Resteasy is the Jaxrs implementation in Wildfly application server. Most of case, I do not need the Resteasy specific APIs, and we are trying to use standard Jaxrs APIs as possible.
Firstly, activiate Jaxrs in the application.
@ApplicationPath("api")
public class JaxrsActiviator extends Application {
}
All RESTful APIs are serving under prefix /api.
Create RESTful APIs for Post, named PostResource
.
@RequestScoped
@Path("posts")
public class PostResource {
@Inject
private BlogService service;
@Context
UriInfo uriInfo;
@GET()
@Produces(value = MediaType.APPLICATION_JSON)

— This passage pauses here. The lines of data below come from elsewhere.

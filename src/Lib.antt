-- ===== src/Lib.antt =====
-- The segue daemon runs machines made of adaptors (boards), drivers (devices) and controllers
-- (programs), which exchange messages through queues. This library models the daemon's core and
-- proves how it behaves.
--
-- The parts, and the files of the repository that they follow:
--   Message        common/message/message.go, common/seguepb/segue.pb.go: identities, payloads
--   Queue          common/message/queue.go: `NewQueue`, `Add`, `Get`, `Done`, `ShutDown`
--   Convert        common/message/message.go: `ConvertToInternalFormat`, `ConvertToExternalFormat`
--   Router         common/message/message.go: `MessageRouter` and one round of `AddListener`
--   Nodes          common/messagerouter/messagerouter.go: the router of a network of nodes
--   Master         plugins/rf24networknode/rf24networknodebackend/master.go: a network's master
--   Radio          plugins/rf24networknode/rf24networknodebackend/rfhook.go, children.go: frames over
--                  the radio, and a network's children
--   Messenger      pkg/controllers/grpcmessageserver.go, mpi.go and the `listen` of
--                  plugins/rf24networknode/rf24networknode.go: queues over gRPC streams
--   Processes      common/procwatcher/procwatcher.go: the processes of plugins
--   StatusLog      pkg/machine/machine.go, status.go: the ring of a machine's last logs
--   Options        pkg/option/option.go: Boolean options
--   Machine        pkg/machine/machine.go: `StartDrivers`, `StopDriver` and the like for controllers
--                  and adaptors, and the `Start` and `Stop` of pkg/drivers, pkg/controllers and
--                  common/driverapi/robot.go
--   Factories      pkg/drivers/drivers.go, pkg/controllers/controllers.go, pkg/adaptors/adaptors.go
--                  and the `ValidateConf` methods
--   Daemon         daemon/daemon: `MachineJoin`, `MachineLeave`, the requests, `restoreMachine`
--   Http           daemon/server/handlers.go, routes.go and common/client: the daemon's HTTP interface
--   Drive          pkg/controllers/autonomous_drive.go, pkg/drivers/dualmotors.go, led.go
--   Producers      pkg/drivers/ultrasonic.go, pkg/controllers/lirc.go: who numbers messages
--   Plugin         plugins/rf24networknode/rf24networknode.go: which configurations it accepts
--   Lirc           pkg/controllers/lircbackend: reading the LIRC daemon's lines, and who handles a key
--   Errors         the errors that these return
--   Prelude, Tests what the others share, and sample runs
--
-- How they interact: the daemon keeps machines by id and passes requests on to them, once the
-- factories have made configurations of the envelopes. A machine gives each driver and controller
-- two queues, subscribes the receive queue to message types, and has a listener forward what comes
-- out of the send queue. A part takes messages with `Get` and finishes them with `Done`.
--
-- State is passed explicitly. A `*Queue` is an address in a store, so that one queue may stand in
-- many sets, and a slice of `Lirc` is a prefix of an array that others may share. A method that
-- holds a lock for its whole length is one function, and an interleaving is a list of calls
-- (`Call`, `Input`). An error is a value; a call that panics or blocks forever is `stuck` or
-- `panics`. Machine integers wrap around by an explicit remainder.
--
-- Loops are recursive on lists. Fuel occurs in four places. `Radio.receive` gets more than the radio
-- holds, which is enough if each `Read` takes something out. `StatusLog.dump_from` gets five units:
-- the loop visits at most the four cells of the ring. `Queue.Drain.drain` gets one more than the
-- queue's length. `Daemon.Leave.range_stop` counts the rounds that Go's `range` makes, which are the
-- length that the slice has when the loop begins.
--
-- Parameters of the model: protobuf (`Codec`), encoding/json (`Wire`), Go's strings (`GoStrings`),
-- the devices, sockets, files and the clock (`Outside`), the radio and COBS (`Network`, `Wire`),
-- mux and resty (`Mux`, `Client`), hex and strconv (`Text`), and the operating system (`System`).
-- Where the outcome depends on which goroutine comes first, as in `Processes.Masters` and
-- `Radio.Workers`, the choice is an argument.
--
-- Not modelled: sockets and connections, command lines, printing, generated code and vendored libraries.
pub mod Prelude
pub mod Message
pub mod Errors
pub mod Queue
pub mod Radio
pub mod Messenger
pub mod Processes
pub mod Http
pub mod Lirc
pub mod Plugin
pub mod Convert
pub mod Options
pub mod Machine
pub mod Factories
pub mod Router
pub mod StatusLog
pub mod Daemon
pub mod Nodes
pub mod Drive
pub mod Master
pub mod Producers
pub mod Tests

public Response findAll(@QueryParam("q") String keyworkd) {
return Response.ok(service.findByKeyword(keyworkd)).build();
}
@GET
@Path("{id}")
@Produces(value = MediaType.APPLICATION_JSON)
public Response get(@PathParam("id") Long id) {
return Response.ok(service.findPostById(id)).build();
}
@POST
@Consumes(value = MediaType.APPLICATION_JSON)
public Response save(@Valid PostForm post) {
PostDetail saved = service.createPost(post);
return Response.created(uriInfo.getBaseUriBuilder().path("posts/{id}").build(saved.getId())).build();
}
@PUT
@Path("{id}")
@Consumes(value = MediaType.APPLICATION_JSON)
public Response update(@PathParam("id") Long id, @Valid PostForm post) {
PostDetail saved = service.updatePost(id, post);
return Response.noContent().build();
}
@DELETE
@Path("{id}")
public Response delete(@PathParam("id") Long id) {
service.deletePostById(id);
return Response.noContent().build();
}
}
In this post, I created a simple Post APIs for CRUD operations, and used some of Java EE specs, such as JPA, EJB, CDI, JAXRS etc.